Restore phase meanings

Phase names are standardized, but the underlying work and the meaning of the counters are service-specific.

  • prepare: Prepares the node for restore.
  • basebackup: Restores the full backup.
  • stream: Applies incremental changes, such as replication or log replay.
  • finalize: Completes final steps before serving traffic.

Not all restores include every phase.

Progress units

Known unit values include:

  • binlogs: MySQL binlog-based progress.
  • bytes_compressed: Compressed backup data.
  • bytes_uncompressed: Uncompressed backup data.
  • wal_lsn: PostgreSQL® write-ahead log sequence number.

Aiven can add new unit values as new functionality becomes available.

Compute phase progress percentages

You cannot reliably compute overall restore progress. You can compute a phase-specific progress percentage when min, max, and current are present and max != min.

pct = round(((current - min) / (max - min)) * 100, 1)

When handling progress values:

  • If any of min, max, or current is null or missing, display n/a.
  • If max == min, treat the percentage as undefined.
  • Expect the percentage to decrease when max changes.
  • Clamp displayed values to the range [0, 100].

Polling guidance

Progress updates are best-effort and refresh every 10 seconds while a node is in syncing_data. Poll the service state every 10 to 30 seconds.

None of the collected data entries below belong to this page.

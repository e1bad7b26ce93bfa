-- ===== src/Lib.antt =====
-- A model of gpubk, the booking program that lets the users of one machine reserve its GPUs without
-- a resident server. Every user's process reads a shared ledger, decides, and writes the ledger back
-- under a lock. What the model covers is the decision: the scheduler of src/bk/scheduler.py, and the
-- modules that it computes with.
--
-- How the parts fit together. A write (`add_booking`, `edit_booking`, `cancel_booking`,
-- `cancel_booking_as_admin`) normalises its request, then hands a function `mutate` to the store,
-- which runs it on the ledger under the lock. `mutate` binds the ledger to the policy of the
-- configuration (Policy), expires and drops old reservations (Scheduler/Maintenance), looks for
-- the operation among those already recorded (Scheduler/Operations), and then searches a slot
-- (Scheduler/Search). A cancellation by the owner only expires and looks up. The search builds an
-- index of the active reservations (ScheduleIndex), makes a list of candidate starts, and at each
-- start chooses GPUs (Scheduler/Placement), each of which passes the availability check
-- (Scheduler/Availability). Instants are aligned to slots (Granularity), and shares are counted in
-- units (Sharing).
--
-- Which file models what, by the paths of the repository:
--   Models: src/bk/models.py, the fields of src/bk/config.py that the scheduler reads, and the
--     records that the scheduler writes into the ledger. A key that a dictionary may lack is an
--     Option; a mode that is neither shared nor exclusive is `unsupported`.
--   Errors: BookingError, with a constructor for each message, and the monad of results.
--   Granularity: src/bk/granularity.py. Granularity/Slots has its theorems.
--   Sharing: src/bk/sharing.py; Sharing/Numerals reads numbers from text as `int` does.
--   ScheduleIndex: src/bk/schedule_index.py; Spans is its order, Grouping its lists by GPU, Overlap
--     what its lookup returns.
--   Policy: src/bk/policy.py, without the store that guards it.
--   Scheduler/Reasons, Loads, Availability: `_availability_detail_indexed` and the sums it uses.
--   Scheduler/Gpus: the lists of GPUs in a request, and `_validate_gpu_scope`.
--   Scheduler/Horizon, Placement, Search: `booking_policy_conflict`, `_find_available_gpus_with_reason`,
--     `_gpus_at_start`, `find_earliest_slot`; Search/Nearest has `find_nearest_slot`, with First,
--     Between and Before for its order and its candidates.
--   Scheduler/Metadata, Operations, Outcome: the operation IDs, job metadata, signatures and log lines.
--   Scheduler/Maintenance: `_expire_old_reservations` and `_maintain_ledger`.
--   Scheduler/Booking: `add_booking`, with Prepare before the lock and Failure for its messages.
--   Scheduler/Cancel: `cancel_booking`, and Cancel/Administrator `cancel_booking_as_admin`; Cancelled
--     describes a cancelled reservation, Steps follows the verdicts.
--   Scheduler/Lookup: `_find_reservation` and a write to what it returns, which Rewritten describes.
--   Scheduler/Edit: `edit_booking`, of started reservations (Started) and others (Future).
--   Scheduler/Replays: `find_applied_create`, `find_applied_edit`, `find_applied_operation`.
--   Scheduler/Violations: `find_policy_violations`, the audit of a ledger.
--   Scheduler/Peaks: the greatest load that a reservation sees, of shared records and share units.
--   Scheduler/Occupancy: what a sound and a tidy ledger are, and what each write does to one;
--     Rewritten and Relocated describe an edited reservation.
--   Samples, Witnesses: small ledgers and requests, and the theorems at them.
--
-- How state and effects are written. A `mutate` is a function from a ledger to a result that holds
-- the new ledger, the answer, the lines for the log and whether anything changed. What the code reads
-- from outside is a parameter: the clock (a record of its readings, one for each call of `utc_now`
-- whose value matters), random IDs, `str.lower`, `uuid.UUID` and the hash of a signature's payload.
-- Instants are seconds on the native numbers, since the ledger keeps whole seconds; a pressure score
-- is a whole number of thousandths, where the code rounds a float to three digits.
--
-- Loops are structural recursion on the lists that they run over, so nothing runs out of fuel. The
-- bisection of a sorted list is its result, the number of leading elements below the bound. Only the
-- digits of a number take fuel: the number and one more, while each round divides it by ten.
--
-- Not modelled: the storage below `transaction` (src/bk/storage.py and its files), the broker
-- (src/bk/broker.py), the worker that starts jobs (src/bk/worker.py, src/bk/job_recovery.py), the
-- validation of a ledger document (src/bk/ledger_schema.py), the advice on GPUs, the cluster, usage
-- accounting, monitoring, administration and the user interfaces, which make no scheduling decision.
mod Prelude
pub mod Models
pub mod Granularity
pub mod Sharing
pub mod ScheduleIndex
pub mod Errors
pub mod Policy
pub mod Scheduler
pub mod Samples
mod Witnesses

More frequent polling does not provide additional detail.

For each node_states[] entry:

  • If state is not syncing_data, no restore progress is available.
  • If state is syncing_data:
    • If progress_updates is missing or empty, the node is restoring without detailed progress data.
    • Otherwise, the current phase is the last phase where completed is false.

Stop polling when all nodes reach the running state or when a stall is detected.

Stall detection

The API does not provide per-phase timestamps. To detect stalls, use a time-based threshold, such as a node remaining in syncing_data longer than expected.

Do not rely on counters or max values to estimate remaining time.

Service-specific behavior

Not all services emit detailed progress updates. When available, counters follow these patterns:

  • PostgreSQL
    • basebackup: byte-based counters, commonly bytes_uncompressed
    • stream: WAL catch-up, often reported as wal_lsn
  • MySQL
    • basebackup: byte-based counters, commonly bytes_compressed
    • stream: binlog catch-up, reported as binlogs

Unit values can vary based on the restore mechanism, service version, and implementation. Some phases may not include numeric counters.

Aiven may introduce new unit values over time. API clients must tolerate missing phases, missing counters, changing max values, and unknown units.